Described raw material low-molecular-weight polycarbosilane LPCS is the organosilicon polymer being constituted main chain with Si-C key, and number-average molecular weight is 500~1200, and molecular weight distribution index is at 1.0-1.5.
Described borine, refers to borine or borane complex, including borane dimethylsulf iotade, triethylamine borane etc..
The positive effect of the present invention is as follows:
(1) compared with U.S. Sylramic fiber producing processes, it is to avoid use BCl3/NOxOr BCl3/NH3The toxicity of non-fusible boracic atmosphere and the corrosivity to equipment thereof, the present invention has a clear superiority in technical advance and sizable application.
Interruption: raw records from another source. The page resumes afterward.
-- ===== src/CueOrder/Nudges.antt =====
-- What `nudge` of crates/cuepool-gui/src/cue_order.rs does to the cue list.
use cue_pool.Base.{
  ℕ, suc, ◌+◌, ◌≤◌, ◌<◌, ◌≡◌, refl, ap, sym, ◌∙◌, Bool, true, false, not, ◌&&◌, Option, none, some,
  List, ◌⊎◌, arith, length, get_elem?, get_elem?-lt, get_elem?-none_le, if◌then◌else◌, leb,
  Option-cases, Bool-cases, inl, inr,
}
use cue_pool.Cue.{Cue, parent, is_group}
use cue_pool.CueOrder.{
  Range, span, enclosing_span, move_span, neighbour, nudge_target, nudge, same_parent, far_end,
}
use cue_pool.CueOrder.Groups.{Block, top-Outermost, enclosing_span-Block}
use cue_pool.CueOrder.Members.{Flat}
use cue_pool.CueOrder.Bounds.{span-start, span-Holds}
use cue_pool.CueOrder.Steps.{
  Beside, AtEdge, Member, Past, Stepped, Stuck, Nudged, move_span-Exchanged,
}

-- A block beside the rows of a cue that is in no group begins where these end, or ends where they begin.
Block-meets :
    (cues : List Cue) (idx n : ℕ) (c : Cue) (over : Range) (down : Bool)
    → get_elem? cues idx ≡ some c
    → parent c ≡ none
    → Beside down (span cues idx) n
    → Block cues n over
    → (if down then (span cues idx).end else over.end)
      ≡ (if down then over.start else (span cues idx).start)
Block-meets cues idx n c over true at top e b =
    let starts : over.start ≡ b.first = ap (λ r. r.start) b.is_span ∙ span-start cues b.first in
    elim (Bool-cases (leb n b.first)) [
      | inl first ↦ ground (arith, first, starts, b.from, e)
      | inr behind ↦ elim (Bool-cases (leb b.first idx)) [
        | inr within ↦ absurd (ground (arith, within, behind, b.outermost idx))
        | inl in_front ↦ elim (Bool-cases (leb idx b.first)) [
          | inl same ↦
              let equal : b.first ≡ idx = ground arith in
              absurd (ground (arith, e, b.beyond, ap (λ x. (span cues x).end) equal))
          | inr before ↦ absurd (
              ground (
                arith,
                e,
                b.beyond,
                before,
                (span-Holds cues idx (get_elem?-lt cues idx c at)).beyond,
                top-Outermost cues idx c at top b.first,
              ))
        ]
      ]
    ]
Block-meets cues idx n c over false at top e b =
    let ends : over.end ≡ (span cues b.first).end = ap (λ r. r.end) b.is_span in
    let row : idx ≡ suc n = sym (span-start cues idx) ∙ e in
    ground (
      arith,
      ends,
      row,
      span-start cues idx,
      b.from,
      b.beyond,
      top-Outermost cues idx c at top b.first,
    )

nudge_target-top :
    (cues : List Cue) (n : ℕ) (d : Cue) (down : Bool)
    → get_elem? cues n ≡ some d
    → nudge_target cues none n d down ≡ some (far_end down (enclosing_span cues n))
unfolding nudge_target enclosing_span
nudge_target-top cues n d down at = elim (Option-cases (parent d)) [
  | inl top ↦ ground (arith, at, top)
  | inr (q, member) ↦ ground (arith, at, member)
]

nudge_target-Member :
    (cues : List Cue) (q n : ℕ) (d : Cue) (down : Bool)
    → get_elem? cues n ≡ some d
    → ((nudge_target cues (some q) n d down ≡ none) × (¬ Member q cues n))
      ⊎ ((nudge_target cues (some q) n d down
            ≡ some (far_end down (record { start = n; end = n + 1 })))
          × Member q cues n)
unfolding nudge_target span Member
nudge_target-Member cues q n d down at =
    elim (Bool-cases (same_parent (parent d) (some q) && not (is_group d))) [
      | inl sibling ↦
          inr
            (ground (arith, at, sibling), (d, at, ground (arith, sibling), ground (arith, sibling)))
      | inr other ↦ inl (
        ground (arith, other),
        λ m.
            let (e, on, member, lone) = m in
            let same : d ≡ e = cc in
            let joins : parent d ≡ some q = ap parent same ∙ member in
            let single : is_group d ≡ false = ap is_group same ∙ lone in
            absurd (ground (arith, other, joins, single)),
      )
    ]

-- What a nudge steps over lies in the list, beside the rows of the cue.
meets :
    (cues : List Cue) (idx n : ℕ) (c : Cue) (over : Range) (down : Bool) (p : Option ℕ)
    → get_elem? cues idx ≡ some c
    → n < length cues
    → parent c ≡ p
    → Beside down (span cues idx) n
    → Past p cues n over
    → (over.start ≤ over.end)
      × (over.end ≤ length cues)
      × ((if down then (span cues idx).end else over.end)
          ≡ (if down then over.start else (span cues idx).start))
unfolding Past
meets cues idx n c over down none at h top e b =
    let s = span-Holds cues b.first (omega (arith, b.from)) in
    let starts = ap (λ r. r.start) b.is_span in
    let ends = ap (λ r. r.end) b.is_span in
    (
      omega (arith, s.from, s.beyond, starts, ends),
      omega (arith, s.inside, ends),
      Block-meets cues idx n c over down at top e b,
    )
meets cues idx n c over true (some q) at h joins e (m, row) =
    let starts : over.start ≡ n = ap (λ r. r.start) row in
    let ends : over.end ≡ n + 1 = ap (λ r. r.end) row in (omega arith, omega arith, e ∙ sym starts)
meets cues idx n c over false (some q) at h joins e (m, row) =
    let starts : over.start ≡ n = ap (λ r. r.start) row in
    let ends : over.end ≡ n + 1 = ap (λ r. r.end) row in
    (omega arith, omega arith, omega (arith, e))

move_span-Stepped :
    (cues : List Cue) (idx n : ℕ) (c : Cue) (over : Range) (down : Bool)
    → get_elem? cues idx ≡ some c
    → n < length cues
    → Beside down (span cues idx) n
    → Past (parent c) cues n over
    → Stepped cues idx down (move_span cues (span cues idx) (far_end down over))
move_span-Stepped cues idx n c over down at h e p =
    let (a, b, m) = meets cues idx n c over down (parent c) at h refl e p in
    let s = span-Holds cues idx (get_elem?-lt cues idx c at) in
    record {
      cue = c;
      at = at;
      row = n;
      beside = e;
      over = over;
      past = p;
      exchanged =
          move_span-Exchanged cues (span cues idx) over down (omega (arith, s.from, s.beyond)) a
            s.inside b m;
    }

-- The end of `nudge`, past its early returns.
nudge_over :
    (cues : List Cue) (idx n : ℕ) (c d : Cue) (down : Bool) (p : Option ℕ)
    → Flat cues
    → get_elem? cues idx ≡ some c
    → get_elem? cues n ≡ some d
    → parent c ≡ p
    → Beside down (span cues idx) n
    → Nudged cues idx down (elim (nudge_target cues p n d down) [
      | none ↦ (cues, false)
      | some target ↦ (move_span cues (span cues idx) target, true)
    ])
unfolding Nudged Stuck Past
nudge_over cues idx n c d down none flat at there top e =
    rw (nudge_target-top cues n d down there) (
      move_span-Stepped cues idx n c (enclosing_span cues n) down at (get_elem?-lt cues n d there) e
        (rw top (enclosing_span-Block cues n d flat there)))
nudge_over cues idx n c d down (some q) flat at there joins e =
    elim (nudge_target-Member cues q n d down there) [
      | inl (stays, other) ↦
          rw stays (refl, inr (inr (q, n, (ground (arith, at, joins)), e, other)))
      | inr (moves, sibling) ↦ rw moves (
          move_span-Stepped cues idx n c (record { start = n; end = n + 1 }) down at
            (get_elem?-lt cues n d there) e (rw joins (sibling, refl)))
    ]

neighbour-lem :
    (cues : List Cue) (own : Range) (down : Bool)
    → own.start < length cues
    → ((neighbour cues own down ≡ none) × AtEdge down cues own)
      ⊎ ((n : ℕ) × (neighbour cues own down ≡ some n) × Beside down own n × (n < length cues))
unfolding neighbour
neighbour-lem cues own true h = elim (Bool-cases (leb (length cues) own.end)) [
  | inl last ↦ inl (ground (arith, last), ground (arith, last))
  | inr more ↦ inr (own.end, ground (arith, more), refl, ground (arith, more))
]
neighbour-lem cues own false h = elim (Option-cases (neighbour cues own false)) [
  | inl first ↦ inl (first, ground arith)
  | inr (n, e) ↦
      let row : own.start ≡ suc n = ground arith in inr (n, e, row, omega (arith, h, row))
]

-- Where no group is a member of a group, a nudge either leaves the list as it is and says that nothing
-- moved, and then there is no such cue, no row beside its rows, or the cue is a member and the row
-- beside it is none of its group; or it moves the rows of the cue, a group with its members, in the
-- direction of the nudge: a member past one member of its group, any other cue past the whole block
-- beside it, which stands in no other block. The rows of both keep their order, and no other row moves.
pub nudge-Nudged :
    (cues : List Cue) (idx : ℕ) (down : Bool)
    → Flat cues
    → Nudged cues idx down (nudge cues idx down)
unfolding nudge Nudged Stuck
nudge-Nudged cues idx down flat = elim (Option-cases (get_elem? cues idx)) [
  | inl off ↦ rw (off, nudge) (refl, inl (get_elem?-none_le cues idx off))
  | inr (c, at) ↦
      rw (at, nudge)
        (elim (neighbour-lem cues (span cues idx) down
          (omega (arith, span-start cues idx, get_elem?-lt cues idx c at))) [
            | inl (none_there, edge) ↦ rw none_there (refl, inr (inl edge))
            | inr (n, e, beside, h) ↦
                rw (e, nudge)
                  (elim (Option-cases (get_elem? cues n)) [
                    | inl off ↦ absurd (omega (arith, get_elem?-none_le cues n off))
                    | inr (d, there) ↦
                        rw there
                          (nudge_over cues idx n c d down (parent c) flat at there refl beside)
                  ])
          ])
]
(2) compared with the method that other employing boracic Polycarbosilanes of bibliographical information prepare silicon carbide fibre, being directly synthesized the boracic Polycarbosilane of melt-spinnable by boracic monomer, the method for bibliographical information is then poly-is limited to dry spinning or blend melt spinning.Boracic Polycarbosilane prepared by the present invention is insensitive to air and moisture, and melt spinning performance is good.
Have technique and equipment simple, without toxic waste, be prone to the features such as industrialization.
Accompanying drawing explanation
Fig. 1 is the technological process of boracic silicon carbide fibre;
Fig. 2 is the infrared spectrum of boracic Polycarbosilane;
Fig. 3 is the GPC figure of boracic Polycarbosilane;
Fig. 4 is the TG figure of boracic Polycarbosilane;
Fig. 5 is the SEM figure of boracic SiC fiber;
Fig. 6 is the EDS figure of boracic SiC fiber.
Below in conjunction with the drawings and specific embodiments, the present invention is described in further detail.
Detailed description of the invention
The boracic SiC fiber that the present invention is prepared by boracic Polycarbosilane, essentially consists in the synthesis of boracic Polycarbosilane, and its synthetic method includes:
(1) by low-molecular-weight polycarbosilane LPCS, number-average molecular weight is 500~1200, and molecular weight distribution index is at 1.0-1.5.
(2) by dimethyl divinyl silane and borine with 3~1:1 ratio under nitrogen protection, after mixed at room temperature; heat after reacting 24h to 60 DEG C; it is warming up to 120 DEG C of distillations to remove unreacting material, is down to room temperature and can obtain boracic monomer, for oily transparency liquid.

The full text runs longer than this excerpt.